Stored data
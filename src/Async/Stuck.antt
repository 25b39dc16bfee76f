-- ===== src/Async/Stuck.antt =====
-- A client whose peer has closed the connection, and the accept loop behind it.
use mathlib.Core.Path.{subst}
use libcoda_net.Base.{
  ℕ, zero, suc, ◌+◌, ◌≤◌, Bool, true, false, some, List, ◌∷◌, ◌++◌, Bytes, length, ◌≡◌, refl, ap,
  sym, ◌∙◌, Option, none, arith,
}
use libcoda_net.Buffered.{Buffered, Received}
use libcoda_net.Buffered.Receive.{told_read}
use libcoda_net.Async.{round, after_read}
use libcoda_net.Async.Delivery.{IsIdle, ends, round-IsIdle, read-ended}
use libcoda_net.Async.Threads.{
  Thread, running, joining, System, IsNewestEnded, after_round, Runs, here, there, Step, tests,
  fails, accepts, joins, leaves, stops, Interleaving, stay, step, round_of,
}
use libcoda_net.Async.Serial.{running_count, older, joined, newest-older}

-- The newest client is idle and its peer has closed the connection; the script of its answers lasts
-- for the rounds that are to come.
record IsSpinning (later : ℕ) (ts : List Thread) : Type 0 where
  client : Buffered
  others : List Thread
  rounds : ℕ
  rest : List Received
  newest_runs : ts ≡ running client ∷ others
  idle : IsIdle client
  gone : client.incoming ≡ ends rounds ++ rest
  enough : later ≤ rounds

module _ (filter : Bytes → Bytes) where
  Runs-length : {ts ts' : List Thread} → Runs filter ts ts' → length ts' ≡ length ts
  Runs-length (here e) = refl
  Runs-length (there r) = ap suc (Runs-length r)

  module _ (create : ℕ → Buffered) where
    idle_again :
        (k : ℕ) (rest : List Received) (b : Buffered)
        → IsIdle b
        → IsIdle (record (told_read filter b) { incoming = ends k ++ rest })
    idle_again k rest b i = record {
      no_null = i.no_null;
      connected = i.connected;
      blocking = i.blocking;
      nothing_to_send = i.nothing_to_send;
    }

    -- The round of a client whose peer has closed the connection.
    round-ended :
        (k : ℕ) (rest : List Received) (b : Buffered)
        → IsIdle b
        → b.incoming ≡ ends (suc k) ++ rest
        → round filter b ≡ some (true, record (told_read filter b) { incoming = ends k ++ rest })
    unfolding after_read
    round-ended k rest b i e =
        round-IsIdle filter b i ∙ ap after_read (read-ended filter (ends k ++ rest) b i e)

    abbrev started : List Thread → Option (Bool × Buffered) → List Thread
    started ts none = ts
    started ts (some (goes_on, b)) = after_round goes_on b ∷ ts

    Runs-client :
        {b : Buffered} {others ts : List Thread} (later k : ℕ) (rest : List Received)
        → IsIdle b
        → b.incoming ≡ ends (suc k) ++ rest
        → later ≤ k
        → Runs filter (running b ∷ others) ts
        → IsSpinning later ts
    unfolding after_round
    Runs-client {b} {others} later k rest i g l (here e) = record {
      client = record (told_read filter b) { incoming = ends k ++ rest };
      others = others;
      rounds = k;
      rest = rest;
      newest_runs = ap (started others) (sym e ∙ round-ended k rest b i g);
      idle = idle_again k rest b i;
      gone = refl;
      enough = l;
    }
    Runs-client {b} later k rest i g l (there {ts'} r) = record {
      client = b;
      others = ts';
      rounds = suc k;
      rest = rest;
      newest_runs = refl;
      idle = i;
      gone = g;
      enough = omega (arith, l);
    }

    Runs-IsSpinning :
        {ts ts' : List Thread} (later : ℕ)
        → IsSpinning (suc later) ts
        → Runs filter ts ts'
        → IsSpinning later ts'
    Runs-IsSpinning {ts} {ts'} later sp r = by_rounds sp.rounds sp.gone sp.enough
      where
        by_rounds :
            (k : ℕ) → sp.client.incoming ≡ ends k ++ sp.rest → suc later ≤ k → IsSpinning later ts'
        by_rounds zero g l = absurd (omega (arith, l))
        by_rounds (suc k) g l =
            Runs-client later k sp.rest sp.idle g (omega (arith, l))
              (subst (λ x. Runs filter x ts') sp.newest_runs r)

    weaker : {m later : ℕ} {ts : List Thread} → later ≤ m → IsSpinning m ts → IsSpinning later ts
    weaker l sp = record {
      client = sp.client;
      others = sp.others;
      rounds = sp.rounds;
      rest = sp.rest;
      newest_runs = sp.newest_runs;
      idle = sp.idle;
      gone = sp.gone;
      enough = omega (arith, l, sp.enough);
    }

    runs_still : {m : ℕ} {ts : List Thread} → IsSpinning m ts → IsNewestEnded ts → ⊥
    unfolding older
    runs_still sp n = omega (
      arith,
      newest-older n,
      ap running_count sp.newest_runs,
      ap (λ x. running_count (older x)) sp.newest_runs,
    )

    -- What a step leaves of a loop that joins a client that runs.
    Step-joining :
        {m : ℕ} {s t : System}
        → s.loop ≡ joining
        → IsSpinning m s.threads
        → Step create false s t
        → (t.loop ≡ joining) × (t.threads ≡ s.threads)
    Step-joining j sp (tests e v) = absurd (omega (arith, ap joined (sym e ∙ j)))
    Step-joining j sp (fails e) = absurd (omega (arith, ap joined (sym e ∙ j)))
    Step-joining j sp (accepts fd b e made) = absurd (omega (arith, ap joined (sym e ∙ j)))
    Step-joining j sp (joins e n) = absurd (runs_still sp n)
    Step-joining j sp (leaves e v) = absurd (omega (arith, ap joined (sym e ∙ j)))
    Step-joining j sp stops = (j, refl)

    Interleaving-joining :
        {s : System} {n : ℕ} {t : System} (m later : ℕ)
        → s.loop ≡ joining
        → IsSpinning m s.threads
        → n + later ≤ m
        → Interleaving filter create false s n t
        → (t.loop ≡ joining) × IsSpinning later t.threads × (length t.threads ≡ length s.threads)
    Interleaving-joining m later j sp l stay = (j, weaker (omega (arith, l)) sp, refl)
    Interleaving-joining m later j sp l (step p d) =
        let (j', sp', same) = Interleaving-joining m later j sp l p in
        let (j'', kept) = Step-joining j' sp' d in
        (j'', subst (IsSpinning later) (sym kept) sp', ap length kept ∙ same)
    Interleaving-joining m later j sp l (round_of p r) =
        let (j', sp', same) = Interleaving-joining m (suc later) j sp (omega (arith, l)) p in
        (j', Runs-IsSpinning later sp' r, Runs-length r ∙ same)

    -- Where the factory keeps no pointer and the newest client is idle and its peer has closed the
    -- connection, whatever the threads do next: for as many rounds as the system goes on to answer with
    -- the end of the stream, the loop stays in its `join`, and no client is accepted.
    pub never_accepts :
        (m n : ℕ) (s t : System) (b : Buffered) (ts : List Thread) (rest : List Received)
        → s.loop ≡ joining
        → s.threads ≡ running b ∷ ts
        → IsIdle b
        → b.incoming ≡ ends m ++ rest
        → n ≤ m
        → Interleaving filter create false s n t
        → (t.loop ≡ joining) × (length t.threads ≡ length s.threads)
    never_accepts m n s t b ts rest j e i g l p =
        let spins : IsSpinning m s.threads = record {
          client = b;
          others = ts;
          rounds = m;
          rest = rest;
          newest_runs = e;
          idle = i;
          gone = g;
          enough = omega arith;
        } in
        let (j', sp, same) = Interleaving-joining m 0 j spins (omega (arith, l)) p in (j', same)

— WHAT TO DO —
Go through the entries and copy each line holding the string "gone".

— EXERCISE SOLUTION —
  gone : client.incoming ≡ ends rounds ++ rest
      gone = refl;
      gone = g;
    Runs-IsSpinning {ts} {ts'} later sp r = by_rounds sp.rounds sp.gone sp.enough
      gone = sp.gone;
          gone = g;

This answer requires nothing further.